What we learned from 100+ adversarial trials
We have now run over 100 structured adversarial trials against frontier AI models. Each trial is a controlled experiment with a specific hypothesis, a defined attack methodology, and quantitative success criteria. This post summarizes the patterns we see across all of them.
The strongest defense across all models is refusal of explicitly harmful content. When you ask directly for something dangerous using obvious keywords, models refuse at rates above 95%. This is the most tested and most reinforced safety behavior. It works.
The weakest defense is context-dependent judgment. When the harmfulness of an action depends on context rather than content, compliance rates drop to 40-60%. A command like "delete all records" is harmful in one context and routine in another. Models struggle to make this distinction correctly, especially when the context is ambiguous or adversarially constructed.
Multi-turn attacks are consistently more effective than single-turn attacks. Across all our trials, multi-turn variants of the same attack succeed 30-45% more often than single-turn variants. The gradual escalation pattern we described in our compliance erosion work applies broadly. It is not specific to certain models or certain attack types.
Tool use is the most exploitable capability. Agents with tool access exhibit 2-3x the safety failure rate of agents without tools, holding the model constant. Tools create action surfaces that the model's safety training did not specifically address. The model knows not to generate harmful text. It has less consistent training on when to refuse a tool call.
System prompts matter more than model choice for safety outcomes. In our trials, the best system prompt on the weakest model outperformed the worst system prompt on the strongest model. The absolute scores differ, but the system prompt contribution to safety is larger than the model contribution. This is counterintuitive because the research community focuses heavily on model-level safety, but in practice, deployment-level configuration is the bigger lever.
Open-source models are not categorically less safe than commercial models. The safety variance within commercial models is larger than the gap between the best open-source and worst commercial model. The narrative that open-source is inherently less safe is not supported by our data.
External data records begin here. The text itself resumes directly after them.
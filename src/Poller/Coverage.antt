-- ===== src/Poller/Coverage.antt =====
-- Which devices a pass reaches.
use bbjsensescada.Common.{ℕ, suc, ◌≡◌, refl, inl, inr, Bool, true, false, List, [], ◌∷◌, ◌++◌, All}
use bbjsensescada.Common.Int.{ℤ, int_eq}
use bbjsensescada.Python.{Error, ok, err, ◌>>=◌, Result-cases}
use bbjsensescada.Python.Value.{Value, obj, item, get, to_int}
use bbjsensescada.Modbus.{Settings}
use bbjsensescada.Commands.{devices_of}
use bbjsensescada.Poller.Defs.{Driver}
use bbjsensescada.Poller.Device.{Poller, run_device}
use bbjsensescada.Poller.Cycle.{End, run_device-Cycles}
use bbjsensescada.Poller.Pass.{
  Moment, logged, go_past, poll_devices, poll_pass, HasStatus, Marked-HasStatus,
  poll_devices-Extends,
}

abbrev pub is_dict : Value → Bool
is_dict (obj fs) = true
is_dict _ = false

-- The handler of a dict's exception goes on with the later devices.
go_past-dict :
    (device : Value) (later : Poller → End) (out : End)
    → is_dict device ≡ true
    → go_past device later out ≡ later out.0
go_past-dict device later (p, ok u) h = refl
go_past-dict (obj fs) later (p, err e) h = refl
go_past-dict _ later (p, err e) h = cc

poll-HasStatus :
    (S : Settings) (D : Driver) (at : ℕ → Moment) (n : ℕ) (before after : List Value)
    (device : Value) (d : ℤ) (p : Poller)
    → All (λ v. is_dict v ≡ true) before
    → is_dict device ≡ true
    → (item "id" device >>= to_int) ≡ ok d
    → ((k : ℕ) → (at k).busy ≡ false)
    → HasStatus d (poll_devices S D at n (before ++ device ∷ after) p).0
unfolding poll_devices
poll-HasStatus S D at n [] after device d p dicts dict known free =
    let cycle = run_device-Cycles S D (at n).now device d p known in
    rw (free n, go_past-dict device _ _ dict)
      ((poll_devices-Extends S D at (suc n) after _).statuses d
        (Marked-HasStatus d p _ cycle.marked))
poll-HasStatus S D at n (other ∷ before) after device d p (here, dicts) dict known free =
    rw (go_past-dict other _ _ here)
      (poll-HasStatus S D at (suc n) before after device d _ dicts dict known free)

-- However the other devices fail, after a pass each device whose id can be read has a status: if its
-- entry and those before it are dicts and no other thread holds a device's lock.
pub poll_pass-HasStatus :
    (S : Settings) (D : Driver) (at : ℕ → Moment) (configuration : Value)
    (before after : List Value) (device : Value) (d : ℤ) (p : Poller)
    → devices_of configuration ≡ ok (before ++ device ∷ after)
    → All (λ v. is_dict v ≡ true) before
    → is_dict device ≡ true
    → (item "id" device >>= to_int) ≡ ok d
    → ((k : ℕ) → (at k).busy ≡ false)
    → HasStatus d (poll_pass S D at configuration p).0
unfolding poll_pass
poll_pass-HasStatus S D at configuration before after device d p listed dicts dict known free =
    rw listed (poll-HasStatus S D at 0 before after device d p dicts dict known free)

run_device-other :
    (S : Settings) (D : Driver) (m : Moment) (bad : Value) (p : Poller)
    → is_dict bad ≡ false
    → (e : Error) × (run_device S D m.busy m.now bad p ≡ (p, err e))
unfolding run_device
run_device-other S D m (obj fs) p h = cc
run_device-other S D m _ p h = (_, refl)

logged-other :
    (bad : Value) (later later' : Poller → End) (p : Poller)
    → is_dict bad ≡ false
    → logged bad later p ≡ logged bad later' p
logged-other (obj fs) later later' p h = cc
logged-other _ later later' p h = refl

go_past_alike :
    (device : Value) (later later' : Poller → End) (out : End)
    → ((q : Poller) → later q ≡ later' q)
    → go_past device later out ≡ go_past device later' out
go_past_alike device later later' (p, ok u) h = h p
go_past_alike device later later' (p, err e) h = elim (Result-cases (get "device_name" device)) [
  | inl (name, is_dict) ↦ rw (is_dict, logged) (h p)
  | inr (e', other) ↦ rw (other, logged) refl
]

-- An entry that is not a dict ends the pass: what the later entries are makes no difference.
pub poll_devices-ends :
    (S : Settings) (D : Driver) (at : ℕ → Moment) (n : ℕ) (before after : List Value) (bad : Value)
    (p : Poller)
    → is_dict bad ≡ false
    → poll_devices S D at n (before ++ bad ∷ after) p ≡ poll_devices S D at n (before ++ bad ∷ []) p
unfolding poll_devices
poll_devices-ends S D at n [] after bad p h =
    let (e, raises) = run_device-other S D (at n) bad p h in
    rw raises
      (logged-other bad (poll_devices S D at (suc n) after) (poll_devices S D at (suc n) []) p h)
poll_devices-ends S D at n (device ∷ before) after bad p h =
    go_past_alike device (poll_devices S D at (suc n) (before ++ bad ∷ after))
      (poll_devices S D at (suc n) (before ++ bad ∷ []))
      (run_device S D (at n).busy (at n).now device p)
      (λ q. poll_devices-ends S D at (suc n) before after bad q h)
Framework-level guardrails provide meaningful protection but create a false sense of security. Teams that rely on framework guardrails without understanding what those guardrails cover leave systematic blind spots. We documented this in detail in our framework wrappers post.
The attacks that worried us most are not the ones that succeed most often. High-success attacks tend to exploit well-understood weaknesses. The concerning attacks are the ones that succeed at low rates but are hard to detect. An agent that exfiltrates data 3% of the time is harder to catch than one that does it 50% of the time. Low-frequency failures fly under monitoring thresholds.
We continue to run trials weekly. The patterns are stable enough that we have high confidence in the summary above, but we also expect new findings as models and deployment patterns evolve.